Flatness constant in dimension 3
Description of constant
A convex body $K\subset\mathbb{R}^d$ is hollow (lattice-free) with respect to a lattice $\Lambda$ if $\operatorname{int}(K)\cap\Lambda=\varnothing$. [CS2019-hollow-def]
For a hollow body, the lattice width is
\[w(K)\ :=\ \min_{u\in\mathbb{Z}^d\setminus\{0\}} \left(\max_{x\in K}u\cdot x-\min_{x\in K}u\cdot x\right).\]The flatness constant in dimension $d$ is
\[\mathrm{Flt}(d)\ :=\ \sup\{w(K): K\subset\mathbb{R}^d\ \text{hollow convex body}\},\]and is finite for each fixed $d$. [ACMS2021-Flt-def] [CS2019-flatness-def]
We define
\[C_{73}\ :=\ \mathrm{Flt}(3).\]An explicit hollow tetrahedron gives
\[\mathrm{Flt}(3)\ \ge\ 2+\sqrt{2}.\]An explicit published upper bound is
\[\mathrm{Flt}(3)\ <\ 3.972.\]Hence the best established range is
\[2+\sqrt{2}\ \le\ C_{73}\ <\ 3.972.\]Known upper bounds
| Bound | Reference | Comments |
|---|---|---|
| $3.972$ | [ACMS2021] | Published explicit upper bound $\mathrm{Flt}(3)<3.972$. [ACMS2021-ub-3-972] |
Known lower bounds
| Bound | Reference | Comments |
|---|---|---|
| $1$ | Trivial lower bound for nonempty convex bodies. | |
| $2+\sqrt{2}$ | [CS2019] | Achieved by an explicit hollow non-lattice tetrahedron in dimension $3$. [CS2019-thm-1-1] |
Additional comments and links
-
A natural conjecture is $\mathrm{Flt}(3)=2+\sqrt{2}$. [CS2019-conjecture-1-2]
References
- [CS2019] Codenotti, Giulia; Santos, Francisco. Hollow polytopes of large width. Proceedings of the American Mathematical Society 148 (2019), no. 2, 835-850. DOI: https://doi.org/10.1090/proc/14721. arXiv PDF: https://arxiv.org/pdf/1812.00916.pdf.
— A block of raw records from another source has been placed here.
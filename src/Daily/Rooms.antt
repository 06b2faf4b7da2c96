-- ===== src/Daily/Rooms.antt =====
-- The rooms of the sessions: internal/api/handlers.go over the client of internal/daily/daily.go.
use yuzu_agent_webrtc_toy.Prelude.{
  ℕ, ◌*◌, ◌≡◌, refl, true, false, ◌||◌, ◌++◌, Option, none, some, arith, ◌==◌, Bool-cases, inl, inr,
}
use yuzu_agent_webrtc_toy.Text.{Str, codes, is_empty}
use yuzu_agent_webrtc_toy.Maps.{Map}
use yuzu_agent_webrtc_toy.Clock.{Time, scale, second}
use yuzu_agent_webrtc_toy.Json.{Value}
use yuzu_agent_webrtc_toy.Api.{Config, Backend, minted, reply, expiry}
use yuzu_agent_webrtc_toy.Api.Sessions.{new_session, handle_create_session}
use yuzu_agent_webrtc_toy.Api.Created.{handle_create_session-Created}
use yuzu_agent_webrtc_toy.Store.{Session, get_session}
use yuzu_agent_webrtc_toy.Daily.{
  HttpClient, Object, room, meeting_token, RoomProperties, Request, Result, call_fails, response,
  Parsed, Fetched, fetch_error, fetched, out_of_fuel, is_success, do_json_with_retry, on_first,
  on_second, create_room, create_meeting_token, on_token, daily_client,
}
use yuzu_agent_webrtc_toy.Daily.Retries.{attempt_loop_lem, is_retried, last_answer, two_attempts}

-- The service says of a room that it created it, or that there is one of that name.
abbrev pub SaysRoom : Result → Type 0
SaysRoom (call_fails err) = ⊥
SaysRoom (response status status_text body) = (status == 409 || is_success status) ≡ true

-- What Daily documents, with `HasRoom` for the rooms that it has: a room of which it says this is there,
-- and no request of the client takes one away.
pub record IsLawful {S : Type 0} (serve : S → Request → S × Result) (HasRoom : S → Str → Type 0)
    : Type 0 where
  pub opened :
      (s : S) (req : Request) (name privacy : Str) (properties : Option RoomProperties)
      → req.object ≡ room name privacy properties
      → SaysRoom (serve s req).1
      → HasRoom (serve s req).0 name
  pub kept : (s : S) (req : Request) (name : Str) → HasRoom s name → HasRoom (serve s req).0 name

-- Of an answer behind the retries.
abbrev SaysRoomLast : Fetched → Type 0
SaysRoomLast (fetch_error err) = ⊥
SaysRoomLast out_of_fuel = ⊥
SaysRoomLast (fetched status status_text body) = (status == 409 || is_success status) ≡ true

SaysRoom-last : (r : Result) → SaysRoomLast (last_answer r) → SaysRoom r
SaysRoom-last (call_fails err) h = h
SaysRoom-last (response status status_text body) h = h

module _ {S : Type 0} (serve : S → Request → S × Result) (HasRoom : S → Str → Type 0)
    (laws : IsLawful serve HasRoom) (c : HttpClient) (name privacy : Str) where
  two_attempts-HasRoom :
      (req : Request) (properties : Option RoomProperties) (s : S)
      → req.object ≡ room name privacy properties
      → SaysRoomLast (two_attempts serve req (serve s req)).1
      → HasRoom (two_attempts serve req (serve s req)).0 name
  two_attempts-HasRoom req properties s e = elim (Bool-cases (is_retried (serve s req).1)) [
    | inl again ↦
        let t = (serve s req).0 in
        rw again
          (λ h. laws.opened t req name privacy properties e (SaysRoom-last (serve t req).1 h))
    | inr last ↦
        rw last (λ h. laws.opened s req name privacy properties e (SaysRoom-last (serve s req).1 h))
  ]

  do_json_with_retry-HasRoom :
      (properties : Option RoomProperties) (s : S) (url : Str)
      → SaysRoomLast (do_json_with_retry serve c s url (room name privacy properties)).1
      → HasRoom (do_json_with_retry serve c s url (room name privacy properties)).0 name
  unfolding do_json_with_retry
  do_json_with_retry-HasRoom properties s url =
      let req : Request = record {
        url = url;
        authorization = codes "Bearer " ++ c.api_key;
        object = room name privacy properties;
      } in
      rw (attempt_loop_lem serve 0 s req) (two_attempts-HasRoom req properties s refl)

  on_second-HasRoom :
      (status_text body : Str) (p : S × Fetched)
      → (SaysRoomLast p.1 → HasRoom p.0 name)
      → (on_second serve status_text body p).1 ≡ none
      → HasRoom (on_second serve status_text body p).0 name
  unfolding on_second
  on_second-HasRoom status_text body (s, fetch_error err) has h = ground (arith, h)
  on_second-HasRoom status_text body (s, out_of_fuel) has h = ground (arith, h)
  on_second-HasRoom status_text body (s, fetched status text2 body2) has h =
      elim (Bool-cases (status == 409 || is_success status)) [
        | inl e ↦ rw e (has e)
        | inr e ↦ ground (arith, e, h)
      ]

  on_first-HasRoom :
      (again : S → S × Fetched) (p : S × Fetched)
      → ((t : S) → SaysRoomLast (again t).1 → HasRoom (again t).0 name)
      → (SaysRoomLast p.1 → HasRoom p.0 name)
      → (on_first serve again p).1 ≡ none
      → HasRoom (on_first serve again p).0 name
  unfolding on_first
  on_first-HasRoom again (s, fetch_error err) later has h = ground (arith, h)
  on_first-HasRoom again (s, out_of_fuel) later has h = ground (arith, h)
  on_first-HasRoom again (s, fetched status status_text body) later has h =
      elim (Bool-cases (status == 409 || is_success status)) [
        | inl e ↦ rw e (has e)
        | inr e ↦ elim (Bool-cases (status == 400)) [
          | inl bad ↦
              let h' : (on_second serve status_text body (again s)).1 ≡ none =
                ground (arith, e, bad, h) in
              rw (e, bad) (on_second-HasRoom status_text body (again s) (later s) h')
          | inr other ↦ ground (arith, e, other, h)
        ]
      ]

  create_room-HasRoom :
      (s : S)
      → (create_room serve c s name privacy).1 ≡ none
      → HasRoom (create_room serve c s name privacy).0 name
  unfolding create_room
  create_room-HasRoom s =
      let url = c.base ++ codes "/rooms" in
      let properties : RoomProperties = record {
        enable_prejoin_ui = c.audio.enable_prejoin_ui;
        enable_network_ui = c.audio.enable_network_ui;
        enable_noise_cancellation_ui = c.audio.enable_noise_cancel_ui;
      } in
      on_first-HasRoom (λ t. do_json_with_retry serve c t url (room name privacy none))
        (do_json_with_retry serve c s url (room name privacy (some properties)))
        (λ t. do_json_with_retry-HasRoom none t url)
        (do_json_with_retry-HasRoom (some properties) s url)

  two_attempts-kept :
      (req : Request) (s : S)
      → HasRoom s name
      → HasRoom (two_attempts serve req (serve s req)).0 name
  two_attempts-kept req s h = elim (Bool-cases (is_retried (serve s req).1)) [
    | inl again ↦ rw again (laws.kept (serve s req).0 req name (laws.kept s req name h))
    | inr last ↦ rw last (laws.kept s req name h)
  ]

  do_json_with_retry-kept :
      (object : Object) (s : S) (url : Str)
      → HasRoom s name
      → HasRoom (do_json_with_retry serve c s url object).0 name
  unfolding do_json_with_retry
  do_json_with_retry-kept object s url =
      let req : Request = record {
        url = url;
        authorization = codes "Bearer " ++ c.api_key;
        object = object;
      } in
      rw (attempt_loop_lem serve 0 s req) (two_attempts-kept req s)

-- A token that was minted is not empty.
on_token-nonempty :
    {S : Type 0} (serve : S → Request → S × Result) (decode : Str → Parsed) (p : S × Fetched)
    (token : Str)
    → (on_token serve decode p).1 ≡ minted token
    → is_empty token ≡ false
unfolding on_token
on_token-nonempty serve decode (s, fetch_error err) token h = ground (arith, h)
on_token-nonempty serve decode (s, out_of_fuel) token h = ground (arith, h)
on_token-nonempty serve decode (s, fetched status status_text body) token h = ground (arith, h)

on_token-state :
    {S : Type 0} (serve : S → Request → S × Result) (decode : Str → Parsed) (p : S × Fetched)
    → (on_token serve decode p).0 ≡ p.0
unfolding on_token
on_token-state serve decode (s, fetch_error err) = refl
on_token-state serve decode (s, out_of_fuel) = refl
on_token-state serve decode (s, fetched status status_text body) =
    elim (Bool-cases (is_success status)) [ inl e ↦ rw e refl | inr e ↦ rw e refl ]

-- Over a service that has the rooms of which it says so, and keeps them: when the creation of a session
-- is answered without an error, Daily has the room of the session, whichever of the attempts and of
-- the two forms of the request made it, and whether it was there before; and the store has the
-- session with that room and with the token, not empty, that Daily gave for it.
pub session_has_room :
    {S : Type 0} (serve : S → Request → S × Result) (HasRoom : S → Str → Type 0)
    (decode : Str → Parsed) (c : HttpClient) (s : S) (cfg : Config) (b : Backend) (id : Str)
    (now : Time) (n : ℕ) (m : Map Value)
    → IsLawful serve HasRoom
    → let daily = daily_client serve decode c s cfg.room_privacy in
      (handle_create_session cfg daily b id now).1 ≡ reply n m
      → let daily = daily_client serve decode c s cfg.room_privacy in
        let name = cfg.room_prefix ++ id in
        let t = (create_room serve c s name cfg.room_privacy).0 in
        let exp = expiry now (scale (60 * second) cfg.bot_token_exp_min) in
        let (t', given) = create_meeting_token serve decode c t name cfg.bot_name exp in
        HasRoom t' name
        × (sess : Session) × (get_session (handle_create_session cfg daily b id now).0.store id
            ≡ some sess)
        × (sess.room_name ≡ name)
        × (given ≡ minted sess.bot_token)
        × (is_empty sess.bot_token ≡ false)
unfolding create_meeting_token daily_client new_session
session_has_room serve HasRoom decode c s cfg b id now n m laws h =
    let daily = daily_client serve decode c s cfg.room_privacy in
    let name = cfg.room_prefix ++ id in
    let t = (create_room serve c s name cfg.room_privacy).0 in
    let exp = expiry now (scale (60 * second) cfg.bot_token_exp_min) in
    let url = c.base ++ codes "/meeting-tokens" in
    let asked = meeting_token name cfg.bot_name exp in
    let answer = do_json_with_retry serve c t url asked in
    let created = handle_create_session-Created cfg daily b id now n m h in
    let has =
      create_room-HasRoom serve HasRoom laws c name cfg.room_privacy s created.room_created in
    (
      rw (on_token-state serve decode answer)
          (do_json_with_retry-kept serve HasRoom laws c name cfg.room_privacy asked t url has),
      new_session cfg id created.token now,
      created.in_store,
      refl,
      created.token_minted,
      on_token-nonempty serve decode answer created.token created.token_minted,
    )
Google Scholar
- [CS2019-hollow-def] loc: arXiv PDF p.1, Introduction quote: “A convex body $K \subset \mathbb{R}^d$ is called hollow or lattice-free with respect to a lattice $\Lambda \simeq \mathbb{Z}^d$ if $\operatorname{int}(K)\cap \Lambda = \varnothing$.”
- [CS2019-flatness-def] loc: arXiv PDF p.1, Introduction quote: “The celebrated flatness theorem states that hollow bodies in fixed dimension $d$ have bounded lattice width. That is, for each fixed $d$, the supremum width among all hollow convex bodies in $\mathbb{R}^d$ is a certain constant $w_c(d)<\infty$.”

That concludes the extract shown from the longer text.